Integration between assistants is another problem. Let's say you're confident that a malicious prompt can never get into your own personal Google Drive. But let's say Google Bard keeps the ability to analyze your documents and also gains the ability to do web searches when you ask questions about those documents. Or gets browser integration via an extension.

Now, when you visit a malicious web page with hidden malicious commands, that data can be accessed and exfiltrated by the website.

Now, you could strictly separate that data behind some kind of prompt, but then it's impossible to have an LLM carry on the same conversation in both contexts. So if you want your browsing assistant to be unable to leak information about your documents or visited sites, you need to accept that you don't get the ability to give a composite command like, "can you go into my bookmarks and add 'long', 'medium', or 'short' tags based on the length of each article?" Or at least, you need to have a very dedicated process for that as opposed to a general one, which makes sure that there is no singular conversation that touches both your bookmarks and the contents of each page. They need to be completely isolated from each other, which is not what most people are imagining when they talk about general assistants.

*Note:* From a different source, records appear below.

-- ===== src/Routing/Table.antt =====
-- internal/routing/table.go. The `sync.Map`s are association lists; a peer list that is changed through
-- its pointer is the changed entry. The set of a peer's hostnames is the list without repetitions, in
-- which the loops go through it. `to_ascii` is the parameter of the hostnames.
use nexus_proxy_server.Common.{
  ℕ, Bool, false, ◌||◌, leb, ◌==◌, nat_eq, bytes_eq, if◌then◌else◌, Bytes, List, [], ◌∷◌, ◌++◌,
  Option, none, some, Map, lookup, insert, delete,
}
use nexus_proxy_server.Hostnames.{wildcard_suffix, first_dot_suffix}
use nexus_proxy_server.Routing.Peers.{Peer, PeerList, new_peer_list, add, remove, select}

-- `peerState`.
pub record PeerState : Type 0 where
  pub version : ℕ
  pub hostnames : List Bytes

pub record Table : Type 0 where
  pub routes : Map Bytes PeerList
  pub wildcard_routes : Map Bytes PeerList
  pub peer_states : Map ℕ PeerState

-- `NewTable`.
abbrev pub new_table : Table
new_table = record { routes = []; wildcard_routes = []; peer_states = [] }

-- Membership in a set of hostnames.
unfoldable pub has_text : Bytes → List Bytes → Bool
has_text h [] = false
has_text h (g ∷ gs) = g == h || has_text h gs

-- The loop that fills `newHostnameSet`.
unfoldable pub set_of : List Bytes → List Bytes → List Bytes
unfolding has_text
set_of [] set = set
set_of (h ∷ hs) set = set_of hs (if has_text h set then set else set ++ (h ∷ []))

unfoldable pub list_or_new : Option PeerList → PeerList
list_or_new none = new_peer_list
list_or_new (some pl) = pl

-- `LoadOrStore` with `Add`.
unfoldable pub add_peer : Peer → Bytes → Map Bytes PeerList → Map Bytes PeerList
unfolding list_or_new add
add_peer p key m = insert key (add p (list_or_new (lookup key m))) m

unfoldable pub removed_at : Peer → Bytes → Option PeerList → Map Bytes PeerList → Map Bytes PeerList
unfolding remove
removed_at p key none m = m
removed_at p key (some pl) m = insert key (remove p pl) m

-- `Load` with `Remove`.
unfoldable pub remove_peer : Peer → Bytes → Map Bytes PeerList → Map Bytes PeerList
unfolding removed_at
remove_peer p key m = removed_at p key (lookup key m) m

unfoldable pub add_route_at : Option Bytes → Peer → Bytes → Table → Table
unfolding add_peer
add_route_at none p h t = record t { routes = add_peer p h t.routes }
add_route_at (some suffix) p h t = record t {
  wildcard_routes = add_peer p suffix t.wildcard_routes;
}

unfoldable pub remove_route_at : Option Bytes → Peer → Bytes → Table → Table
unfolding remove_peer
remove_route_at none p h t = record t { routes = remove_peer p h t.routes }
remove_route_at (some suffix) p h t = record t {
  wildcard_routes = remove_peer p suffix t.wildcard_routes;
}

unfoldable pub state_or_new : Option PeerState → PeerState
state_or_new none = record { version = 0; hostnames = [] }
state_or_new (some s) = s

-- What `Select` of a peer list returns, with the map in which its counter went up.
unfoldable pub select_at :
    Bytes → Option PeerList → Map Bytes PeerList → Map Bytes PeerList × Option Peer
unfolding select
select_at key none m = (m, none)
select_at key (some pl) m = let (pl', p) = select pl in (insert key pl' m, p)

module _ (to_ascii : Bytes → Option Bytes) where
  unfoldable pub add_route : Peer → Bytes → Table → Table
  unfolding add_route_at
  add_route p h t = add_route_at (wildcard_suffix to_ascii h) p h t

  unfoldable pub remove_route : Peer → Bytes → Table → Table
  unfolding remove_route_at
  remove_route p h t = remove_route_at (wildcard_suffix to_ascii h) p h t

  -- A hostname that the old set has keeps its route.
  unfoldable pub add_missing : Peer → List Bytes → Bytes → Table → Table
  unfolding add_route has_text
  add_missing p old h t = if has_text h old then t else add_route p h t

  -- The loop over the new hostnames.
  unfoldable pub add_routes : Peer → List Bytes → List Bytes → Table → Table
  unfolding add_missing
  add_routes p old [] t = t
  add_routes p old (h ∷ hs) t = add_routes p old hs (add_missing p old h t)

  unfoldable pub remove_missing : Peer → List Bytes → Bytes → Table → Table
  unfolding remove_route has_text
  remove_missing p new h t = if has_text h new then t else remove_route p h t

  -- The loop over the old hostnames.
  unfoldable pub remove_routes : Peer → List Bytes → List Bytes → Table → Table
  unfolding remove_missing
  remove_routes p new [] t = t
  remove_routes p new (h ∷ hs) t = remove_routes p new hs (remove_missing p new h t)

  unfoldable pub updated : Peer → ℕ → List Bytes → List Bytes → Table → Table
  unfolding add_routes remove_routes
  updated p version old new t =
      let u = remove_routes p new old (add_routes p old new t) in
      record u {
        peer_states = insert p.addr (record { version = version; hostnames = new }) u.peer_states;
      }

  -- `UpdateRoutesForPeer`.
  unfoldable pub update_routes_for_peer : Peer → ℕ → List Bytes → Table → Table
  unfolding updated set_of state_or_new
  update_routes_for_peer p version hostnames t =
      let state = state_or_new (lookup p.addr t.peer_states) in
      let stored = record t { peer_states = insert p.addr state t.peer_states } in
      if leb version state.version
      then stored
      else updated p version state.hostnames (set_of hostnames []) stored

  unfoldable pub cleared : Peer → Option PeerState → Table → Table
  unfolding remove_routes
  cleared p none t = t
  cleared p (some state) t =
      remove_routes p [] state.hostnames (record t { peer_states = delete p.addr t.peer_states })

  -- `ClearRoutesForPeer`.
  unfoldable pub clear_routes_for_peer : Peer → Table → Table
  unfolding cleared
  clear_routes_for_peer p t = cleared p (lookup p.addr t.peer_states) t

  -- The look-up of a wildcard.
  unfoldable pub get_wildcard : Option Bytes → Table → Table × Option Peer
  unfolding select_at
  get_wildcard none t = (t, none)
  get_wildcard (some suffix) t =
      let (m, p) = select_at suffix (lookup suffix t.wildcard_routes) t.wildcard_routes in
      (record t { wildcard_routes = m }, p)

  unfoldable pub or_wildcard : Bytes → Table × Option Peer → Table × Option Peer
  unfolding get_wildcard
  or_wildcard hostname (t, some p) = (t, some p)
  or_wildcard hostname (t, none) = get_wildcard (first_dot_suffix to_ascii hostname) t

  -- `GetPeerForHostname`.
  unfoldable pub get_peer_for_hostname : Bytes → Table → Table × Option Peer
  unfolding or_wildcard select_at
  get_peer_for_hostname hostname t =
      let (m, p) = select_at hostname (lookup hostname t.routes) t.routes in
      or_wildcard hostname (record t { routes = m }, p)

Remember that there is no difference between prompt extraction by a user and conversation/context extraction from an attacker. They're both just getting the LLM to repeat previous parts of the input text. If you have given an LLM sensitive information at any point during conversation, then (if you want to be secure) the LLM must not interact with any kind of untrusted data, or it must be isolated from any meaningful APIs including the ability to make 3rd-party GET requests and it must never be allowed to interact with another LLM that has access to those APIs.

1 comments

Properly sandboxing and firewalling LLMs is going to be the killer app.